Republican Gov. Nikki Haley has declared a state of emergency as snowmageddon descends on South Carolina. Residents will rush to Walmart — if they haven’t already — and all eyes will gaze upwards for the single snow flake that stops traffic dead, closes businesses, schools and offices. The eye rolls of Northern transplants will shake the Ravenel Bridge.
But here’s one thing you might not know: if it snows today, snow plows all over the state will tear up and destroy those plastic yellow road reflectors on nearly every road they drive. The S.C. Department of Transportation knows this, too.
The reflectors cost $175 per mile for a typical two-lane road. After a snowstorm in 2011, the DOT replaced about 10,000 miles of them. The agency shifted money around to deal with the costs.
There is a snowplow-proof product on the market, but it costs way more than the ones the state already use. So South Carolina resorts to a rip-up-and-replace model every time it snows.
“It boils down to the economics of it,” a DOT spokesman told me a couple years ago. “We could protect it, but I could replace that one marker 15 times for what it would cost me to place an additional snow-plowable marker in.” That was back in 2011 when, that year, he said many of the reflectors on South Carolina roadways probably got torn up and had to be replaced. They don’t recover the old ones, because once the plow blade hits it, it’s kaput.
I asked a DOT spokesman once what state leaders here could maybe do about something like this that just seems so stupid.
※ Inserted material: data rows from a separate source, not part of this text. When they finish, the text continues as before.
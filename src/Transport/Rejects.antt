-- ===== src/Transport/Rejects.antt =====
-- p9/transport.go: `recv` on a connection that does not hold a whole, known message.
use p.Base.{
  ℕ, ◌+◌, ◌-◌, ◌^◌, ◌≤◌, ◌<◌, ◌≡◌, refl, sym, ap, ◌∙◌, List, [], ◌++◌, false, Option, none, some,
  length, length-take, take, drop, take_all, drop_all, drop-append_exact, ◌⊎◌, arith, lt→leb,
  lt→ltb,
}
use p.Buffer.{is_overrun}
use p.Buffer.RoundTrip.{buffer, image_lem}
use p.Messages.Message.{Message, typ, Payloader, payloader, set_payload}
use p.Messages.Message.Codec.{decode}
use p.Messages.Message.Blank.{blank}
use p.Messages.Message.Fits.{Fits}
use p.Messages.Message.Layout.{payload_of, decode-encode}
use p.Messages.Message.Shape.{fixed_size_or_none, fields_of, typ-blank, Splits, fields-Splits}
use p.Registry.{Registry, get, got, hand_out, find_factory}
use p.Registry.Registrations.{registrations}
use p.Registry.Table.{typ-lt}
use p.Registry.Reuse.{get-IsRegistry, decode_reuse}
use p.Transport.{
  header_length, maximum_length, no_tag, read_full, Head, failed, conn_error, too_large, bad_size,
  invalid_type, no_valid_message, decode_received, finish, recv_body, recv_typed, recv_sized,
  recv_headed, recv,
}
use p.Transport.Header.{header_bytes, length-header_bytes, HeadFits, read-header_bytes}
use p.Transport.RoundTrip.{IsReady, read_full-append, fixed_size-eq, get-some}
use mathlib.Core.Path.{subst}

read_full-short : (n : ℕ) (conn : List ℕ) → length conn < n → read_full n conn ≡ none
unfolding read_full
read_full-short n conn h = rw (lt→leb n (length conn) h) refl

-- Behind a whole header `recv` goes by what the header says.
pub recv-header :
    (msize : ℕ) (h : Head) (r : Registry) (conn : List ℕ)
    → HeadFits h
    → recv msize r (header_bytes h.size h.typ h.tag ++ conn) ≡ recv_sized msize h r conn
unfolding recv recv_headed
recv-header msize h r conn f =
    rw
      (read_full-append header_length (header_bytes h.size h.typ h.tag) conn
        (length-header_bytes h.size h.typ h.tag))
      (ap (λ head. recv_sized msize head r conn) (read-header_bytes h f))

-- A header whose fields fit their widths and that announces less than a header ends the
-- connection: nothing behind it is read, and no message is taken from the registry.
recv_bad_size :
    (msize : ℕ) (h : Head) (r : Registry) (conn : List ℕ)
    → HeadFits h
    → h.size < header_length
    → recv msize r (header_bytes h.size h.typ h.tag ++ conn) ≡ (conn_error bad_size, r, conn)
unfolding recv_sized
recv_bad_size msize h r conn f small = recv-header msize h r conn f ∙ ground arith

-- A header whose fields fit their widths and that announces a header at least, but more than the
-- maximum or more than the negotiated size, ends the connection: nothing behind it is read, and
-- no message is taken from the registry.
pub recv_too_large :
    (msize : ℕ) (h : Head) (r : Registry) (conn : List ℕ)
    → HeadFits h
    → header_length ≤ h.size
    → (maximum_length < h.size) ⊎ (msize < h.size)
    → recv msize r (header_bytes h.size h.typ h.tag ++ conn)
      ≡ (conn_error (too_large h.size msize), r, conn)
unfolding recv_sized
recv_too_large msize h r conn f whole big = recv-header msize h r conn f ∙ ground arith

-- A size within the bounds leads on to the message.
recv_sized_fits :
    (msize : ℕ) (h : Head) (r : Registry) (conn : List ℕ)
    → header_length ≤ h.size
    → h.size ≤ maximum_length
    → h.size ≤ msize
    → recv_sized msize h r conn ≡ recv_typed h (get h.typ r).0 (get h.typ r).1 conn
unfolding recv_sized
recv_sized_fits msize h r conn whole fits small = ground arith

get-none : (t : ℕ) (r : Registry) → (r.factories t).create ≡ none → get t r ≡ (none, r)
unfolding get got hand_out
get-none t r e = ground (arith, e)

-- With a registry that `init` leaves, up to what is in its caches: a message within the maximum
-- and the negotiated size whose type is not registered is skipped. Its tag and type are
-- reported, no message is taken from the registry, and `recv` is ready for what follows its
-- body.
pub recv_unknown_type :
    (msize : ℕ) (h : Head) (r : Registry) (body rest : List ℕ)
    → HeadFits h
    → IsReady r
    → find_factory h.typ registrations ≡ none
    → h.size ≡ header_length + length body
    → h.size ≤ maximum_length
    → h.size ≤ msize
    → recv msize r (header_bytes h.size h.typ h.tag ++ (body ++ rest))
      ≡ (failed h.tag (invalid_type h.typ), r, rest)
unfolding recv_typed
recv_unknown_type msize h r body rest f ready unknown size fits small =
    let lost = get-none h.typ r (ready.complete h.typ ∙ unknown) in
    recv-header msize h r (body ++ rest) f
    ∙ recv_sized_fits msize h r (body ++ rest) (omega (arith, size)) fits small
    ∙ rw lost (
        ap (λ conn. (failed h.tag (invalid_type h.typ), r, conn))
          (drop-append_exact (h.size - header_length) body rest (omega (arith, size))))

-- The decoder overruns on fields that are cut short.
decode_received_cut :
    (tag n : ℕ) (m used : Message)
    → Fits m
    → typ used ≡ typ m
    → n < length (fields_of m)
    → decode_received tag (set_payload (payload_of m) used) (take n (fields_of m))
      ≡ failed no_tag no_valid_message
unfolding decode_received is_overrun
decode_received_cut tag n m used h e short =
    let rt = decode-encode m h in
    let reuse = decode_reuse used (blank m) (payload_of m) (e ∙ sym (typ-blank m)) in
    let over =
      ap (λ d. (d (buffer (take n (fields_of m)) false)).1.overflow) reuse
      ∙ ap
          (λ xs.
            (decode (set_payload (payload_of m) (blank m)) (buffer (take n xs) false)).1.overflow)
          (sym (image_lem rt))
      ∙ rt.cut n false (omega (arith, short, ap (length {A = ℕ}) (image_lem rt))) in
    rw over refl

recv_body_cut :
    (tag n : ℕ) (m used : Message) (o : Option Payloader) (r : Registry) (rest : List ℕ)
    → Fits m
    → typ used ≡ typ m
    → Splits (fixed_size_or_none o) (fields_of m) (payload_of m)
    → n < length (fields_of m)
    → recv_body tag n used o r (take n (fields_of m) ++ rest)
      ≡ (failed no_tag no_valid_message, r, rest)
unfolding recv_body finish
recv_body_cut tag n m used none r rest h e s short =
    rw
      (
        read_full-append n part rest size,
        nothing_left,
        all_of_it,
        ← s,
        decode_received_cut tag n m used h e short,
      )
      refl
  where
    part : List ℕ
    part = take n (fields_of m)

    size : length part ≡ n
    size = length-take n (fields_of m) (omega (arith, short))

    nothing_left : drop n part ≡ []
    nothing_left = drop_all n part (omega (arith, size))

    all_of_it : take n part ≡ part
    all_of_it = take_all n part (omega (arith, size))
recv_body_cut tag n m used (some p) r rest h e s short =
    rw
      (
        lt→ltb n p.fixed_size (omega (arith, short, s)),
        drop-append_exact n (take n (fields_of m)) rest
            (length-take n (fields_of m) (omega (arith, short))),
      )
      refl

-- With a registry that `init` leaves, up to what is in its caches: a frame, within the maximum
-- and the negotiated size, that holds only a first part of the fields of a message whose fields
-- fit their widths gives an error of that message alone, and `recv` is ready for what follows
-- the frame.
pub recv_cut_fields :
    (tag msize n : ℕ) (m : Message) (r : Registry) (rest : List ℕ)
    → tag < 2 ^ 16
    → Fits m
    → IsReady r
    → n < length (fields_of m)
    → header_length + n ≤ maximum_length
    → header_length + n ≤ msize
    → recv msize r (header_bytes (header_length + n) (typ m) tag ++ (take n (fields_of m) ++ rest))
      ≡ (failed no_tag no_valid_message, (get (typ m) r).1, rest)
unfolding recv_typed
recv_cut_fields tag msize n m r rest ht h ready short fits small =
    let (used, found) = get-some r m ready in
    let (same, _) = get-IsRegistry (typ m) r used ready.in_order found in
    let head : Head = record { size = header_length + n; typ = typ m; tag = tag } in
    let left : header_length + n - header_length ≡ n = omega arith in
    let shape =
      subst (λ k. Splits k (fields_of m) (payload_of m)) (sym (fixed_size-eq used m same))
        (fields-Splits m) in
    recv-header msize head r (take n (fields_of m) ++ rest)
      (record { size = omega (arith, fits); typ = typ-lt m; tag = ht })
    ∙ recv_sized_fits msize head r (take n (fields_of m) ++ rest) (omega arith) fits small
    ∙ rw (found, left)
        (recv_body_cut tag n m used (payloader used) (get (typ m) r).1 rest h same shape short)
“Get people to stop complaining about their taxes,” he jokingly said before getting more serious. “We’ve had the lowest gas tax in the country since 1987 and people complain that we don’t have services. People want a free lunch, they want the services, but then they don’t want to pay taxes. That’s government in general. I don’t know how they figure this out. Sure, I don’t want to pay higher taxes, but I want my traffic lights to work and things like that.”